Units, symbols & constants pages include:
• SI base units
• SI units & symbols
• SI metric prefixes
• Electronic unit definitions
• Metric / Imperial conversion chart
While anyone involved in electronic development, design, manufacturing, service, repair or any other area associated with electronics will have a good idea about the electrical units or electronic units used, definitions of them are sometimes quite useful.
As a result a number of electrical unit definitions or electronic unit definitions have been included below.
These electronic unit definitions are included for some of the most popular items.
Electronic unit definitions
Definitions for the more widely used electrical units are included below:
- Newton: The definition for a newton is that force which gives a mass of one kilogram an acceleration of one metre per second squared.

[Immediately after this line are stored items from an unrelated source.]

-- ===== src/ClusterShape/Clean.antt =====
-- When `compare_shapes` of cli/src/domain/cluster_shape.rs reports nothing.
use catallaxy.Prelude.{
  ℕ, ◌≡◌, ◌↔◌, refl, Bool, true, false, inl, inr, List, [], ◌∷◌, ◌++◌, String, ◌<>◌, subst, sym,
  ◌≢◌, join, ◌==◌, eq_iff, eqb_iff, arith, All, Bool-cases,
}
use catallaxy.ClusterShape.{ClusterShape, ClusterSpec, K3dConfig, k3d, shape_of}
use catallaxy.ClusterShape.Report.{Field, is_drifted, drifted_fields, is_clean}
use catallaxy.ClusterShape.Compare.{
  texts, numbers, flags, verdict_of, show_opt, show_list, common_fields, k3d_fields, compare_shapes,
}

abbrev pub IsSettled : Field → Type 0
IsSettled f = is_drifted f.verdict ≡ false

pub is_clean-IsSettled : (fields : List Field) → (is_clean fields ≡ true) ↔ All IsSettled fields
unfolding is_clean drifted_fields
is_clean-IsSettled [] = (λ h. tt, λ h. refl)
is_clean-IsSettled (f ∷ fields) = ground (arith, is_clean-IsSettled fields)

pub All-both : (P : Field → Type 0) (xs ys : List Field) → All P (xs ++ ys) ↔ (All P xs × All P ys)
All-both P [] ys = (λ h. (tt, h), λ h. h.1)
All-both P (x ∷ xs) ys =
    let rest = All-both P xs ys in
    (λ h. ((h.0, (rest.0 h.1).0), (rest.0 h.1).1), λ h. (h.0.0, rest.1 (h.0.1, h.1)))

-- What every provisioner builds a cluster from.
pub record SameCommon (declared recorded : ClusterShape) : Type 0 where
  pub provisioner : declared.provisioner ≡ recorded.provisioner
  pub control_planes : declared.control_planes ≡ recorded.control_planes
  pub workers : declared.workers ≡ recorded.workers
  pub distribution : declared.distribution ≡ recorded.distribution
  pub version : declared.version ≡ recorded.version
  pub pod_subnet : declared.pod_subnet ≡ recorded.pod_subnet
  pub service_subnet : declared.service_subnet ≡ recorded.service_subnet

-- What k3d builds a cluster from; texts that may be unset and lists are compared as shown.
pub record SameK3d (declared recorded : ClusterShape) : Type 0 where
  pub image : show_opt declared.image ≡ show_opt recorded.image
  pub network : show_opt declared.network ≡ show_opt recorded.network
  pub no_traefik : declared.no_traefik ≡ recorded.no_traefik
  pub no_service_lb : declared.no_service_lb ≡ recorded.no_service_lb
  pub no_flannel : declared.no_flannel ≡ recorded.no_flannel
  pub no_local_storage : declared.no_local_storage ≡ recorded.no_local_storage
  pub ports : show_list declared.ports ≡ show_list recorded.ports
  pub extra_api_server_args :
      show_list declared.extra_api_server_args ≡ show_list recorded.extra_api_server_args
  pub extra_volumes : show_list declared.extra_volumes ≡ show_list recorded.extra_volumes
  pub auto_deploy_manifests :
      show_list declared.auto_deploy_manifests ≡ show_list recorded.auto_deploy_manifests

pub text_settled : (s t : String) → (is_drifted (verdict_of texts s t) ≡ false) ↔ (s ≡ t)
text_settled s t = ground (arith, eq_iff s t)

pub number_settled : (m n : ℕ) → (is_drifted (verdict_of numbers m n) ≡ false) ↔ (m ≡ n)
number_settled m n = ground (arith, eqb_iff m n)

flag_settled : (a b : Bool) → (is_drifted (verdict_of flags a b) ≡ false) ↔ (a ≡ b)
flag_settled a b = ground arith

module _ (d r : ClusterShape) where
  pub common_fields-SameCommon : All IsSettled (common_fields d r) ↔ SameCommon d r
  unfolding common_fields
  common_fields-SameCommon = (
    λ (h₁, (h₂, (h₃, (h₄, (h₅, (h₆, (h₇, h₈))))))). record {
      provisioner = (text_settled d.provisioner r.provisioner).0 h₁;
      control_planes = (number_settled d.control_planes r.control_planes).0 h₂;
      workers = (number_settled d.workers r.workers).0 h₃;
      distribution = (text_settled d.distribution r.distribution).0 h₄;
      version = (text_settled d.version r.version).0 h₅;
      pod_subnet = (text_settled d.pod_subnet r.pod_subnet).0 h₆;
      service_subnet = (text_settled d.service_subnet r.service_subnet).0 h₇;
    },
    λ s. (
      (text_settled d.provisioner r.provisioner).1 s.provisioner,
      (
        (number_settled d.control_planes r.control_planes).1 s.control_planes,
        (
          (number_settled d.workers r.workers).1 s.workers,
          (
            (text_settled d.distribution r.distribution).1 s.distribution,
            (
              (text_settled d.version r.version).1 s.version,
              (
                (text_settled d.pod_subnet r.pod_subnet).1 s.pod_subnet,
                ((text_settled d.service_subnet r.service_subnet).1 s.service_subnet, tt),
              ),
            ),
          ),
        ),
      ),
    ),
  )

  k3d_settled : All IsSettled (k3d_fields d r) → SameK3d d r
  unfolding k3d_fields
  k3d_settled (h₁, (h₂, (h₃, (h₄, (h₅, (h₆, (h₇, (h₈, (h₉, (h₁₀, h₁₁)))))))))) = record {
    image = (text_settled _ _).0 h₁;
    network = (text_settled _ _).0 h₂;
    no_traefik = (flag_settled d.no_traefik r.no_traefik).0 h₃;
    no_service_lb = (flag_settled d.no_service_lb r.no_service_lb).0 h₄;
    no_flannel = (flag_settled d.no_flannel r.no_flannel).0 h₅;
    no_local_storage = (flag_settled d.no_local_storage r.no_local_storage).0 h₆;
    ports = (text_settled (show_list d.ports) (show_list r.ports)).0 h₇;
    extra_api_server_args =
        (text_settled (show_list d.extra_api_server_args) (show_list r.extra_api_server_args)).0 h₈;
    extra_volumes = (text_settled (show_list d.extra_volumes) (show_list r.extra_volumes)).0 h₉;
    auto_deploy_manifests =
        (text_settled (show_list d.auto_deploy_manifests) (show_list r.auto_deploy_manifests)).0
          h₁₀;
  }

  k3d_settles : SameK3d d r → All IsSettled (k3d_fields d r)
  unfolding k3d_fields
  k3d_settles s = (
    (text_settled (show_opt d.image) (show_opt r.image)).1 s.image,
    (
      (text_settled (show_opt d.network) (show_opt r.network)).1 s.network,
      (
        (flag_settled d.no_traefik r.no_traefik).1 s.no_traefik,
        (
          (flag_settled d.no_service_lb r.no_service_lb).1 s.no_service_lb,
          (
            (flag_settled d.no_flannel r.no_flannel).1 s.no_flannel,
            (
              (flag_settled d.no_local_storage r.no_local_storage).1 s.no_local_storage,
              (
                (text_settled (show_list d.ports) (show_list r.ports)).1 s.ports,
                (
                  (text_settled (show_list d.extra_api_server_args)
                        (show_list r.extra_api_server_args)).1
                      s.extra_api_server_args,
                  (
                    (text_settled (show_list d.extra_volumes) (show_list r.extra_volumes)).1
                        s.extra_volumes,
                    (
                      (text_settled (show_list d.auto_deploy_manifests)
                            (show_list r.auto_deploy_manifests)).1
                          s.auto_deploy_manifests,
                      tt,
                    ),
                  ),
                ),
              ),
            ),
          ),
        ),
      ),
    ),
  )

  pub compare_shapes-IsSettled :
      All IsSettled (compare_shapes d r) ↔ (SameCommon d r × (d.provisioner ≡ "k3d" → SameK3d d r))
  unfolding compare_shapes
  compare_shapes-IsSettled = elim (Bool-cases (d.provisioner == "k3d")) [
    | inl same ↦
        let is_k3d = (eq_iff d.provisioner "k3d").0 same in
        let both = All-both IsSettled (common_fields d r) (k3d_fields d r) in
        rw (same, compare_shapes)
          (
            λ h. (common_fields-SameCommon.0 (both.0 h).0, λ e. k3d_settled (both.0 h).1),
            λ s. both.1 (common_fields-SameCommon.1 s.0, k3d_settles (s.1 is_k3d)),
          )
    | inr other ↦
        rw (other, compare_shapes)
          (
            λ h. (
              common_fields-SameCommon.0 h,
              λ e. absurd (cc ((eq_iff d.provisioner "k3d").1 e, other)),
            ),
            λ s. common_fields-SameCommon.1 s.0,
          )
  ]

  -- The report is clean exactly if the declared shape and the recorded one have the seven fields
  -- in common that every provisioner reads, and, where the declared provisioner is k3d, the ten
  -- fields that k3d reads as well; of these the optional texts and the lists as they are shown.
  pub compare_shapes-is_clean :
      (is_clean (compare_shapes d r) ≡ true)
      ↔ (SameCommon d r × (d.provisioner ≡ "k3d" → SameK3d d r))
  compare_shapes-is_clean =
      let clean = is_clean-IsSettled (compare_shapes d r) in
      (λ h. compare_shapes-IsSettled.0 (clean.0 h), λ s. clean.1 (compare_shapes-IsSettled.1 s))

same_common : (d : ClusterShape) → SameCommon d d
same_common d = record {
  provisioner = refl;
  control_planes = refl;
  workers = refl;
  distribution = refl;
  version = refl;
  pod_subnet = refl;
  service_subnet = refl;
}

same_k3d : (d : ClusterShape) → SameK3d d d
same_k3d d = record {
  image = refl;
  network = refl;
  no_traefik = refl;
  no_service_lb = refl;
  no_flannel = refl;
  no_local_storage = refl;
  ports = refl;
  extra_api_server_args = refl;
  extra_volumes = refl;
  auto_deploy_manifests = refl;
}

is_clean_refl : (d : ClusterShape) → is_clean (compare_shapes d d) ≡ true
is_clean_refl d = (compare_shapes-is_clean d d).1 (same_common d, λ e. same_k3d d)

shape_of-k3d_block :
    (spec : ClusterSpec) (block : K3dConfig)
    → spec.provisioner ≢ k3d
    → shape_of (record spec { k3d = block }) ≡ shape_of spec
unfolding shape_of
shape_of-k3d_block spec block other = ground arith

-- Two specifications that differ at most in the k3d block have shapes without drift, unless the
-- provisioner is k3d: a k3d block that k3d never reads is not reported.
pub shape_of-is_clean :
    (spec : ClusterSpec) (block : K3dConfig)
    → spec.provisioner ≢ k3d
    → is_clean (compare_shapes (shape_of (record spec { k3d = block })) (shape_of spec)) ≡ true
shape_of-is_clean spec block other =
    subst (λ d. is_clean (compare_shapes d (shape_of spec)) ≡ true)
      (sym (shape_of-k3d_block spec block other)) (is_clean_refl (shape_of spec))

-- Two arguments for the API server, and one that holds both texts with a comma and a space between,
-- make shapes that are reported as the same, whatever the rest of the shape is.
pub compare_shapes-joined :
    (shape : ClusterShape) (a b : String)
    → is_clean (
        compare_shapes
          (record shape { extra_api_server_args = a ∷ b ∷ [] })
          (record shape { extra_api_server_args = (a <> (", " <> b)) ∷ [] }))
      ≡ true
unfolding show_list join
compare_shapes-joined shape a b = (compare_shapes-is_clean _ _).1 (
  record {
    provisioner = refl;
    control_planes = refl;
    workers = refl;
    distribution = refl;
    version = refl;
    pod_subnet = refl;
    service_subnet = refl;
  },
  λ e. record {
    image = refl;
    network = refl;
    no_traefik = refl;
    no_service_lb = refl;
    no_flannel = refl;
    no_local_storage = refl;
    ports = refl;
    extra_api_server_args = refl;
    extra_volumes = refl;
    auto_deploy_manifests = refl;
  },
)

- Joule: The definition for a joule is the work done when the point of application of a force of one newton is displaced through one metre in the direction of the force.
- Watt: The definition for a watt is one joule per second
- Coulomb: A coulomb is the quantity of electricity transported in one second by a current of one ampere.
- Volt: The definition for a volt is the potential difference between two points of a conductor carrying a constant current of one ampere when the power dissipated in the conductor is one watt
- Farad: One farad is the capacitance between the plates on a capacitor when the quantity of one coulomb of electricity produces a potential difference between the plates on one volt.
- Ohm: The definition of an ohm is the resistance between two points of a conductor when a constant potential difference produces a current of one ampere.
- Hertz: A Hertz is the frequency of a periodic phenomenon of which the time period is one second.
- Weber: A weber is the flux which, linking a circuit of one turn, produces in it an EMF of one volt as it is uniformly reduced in one second.
- Henry: The definition of a henry is the inductance of a closed circuit which produces an EMF of one volt when the current varies uniformly at one ampere per second.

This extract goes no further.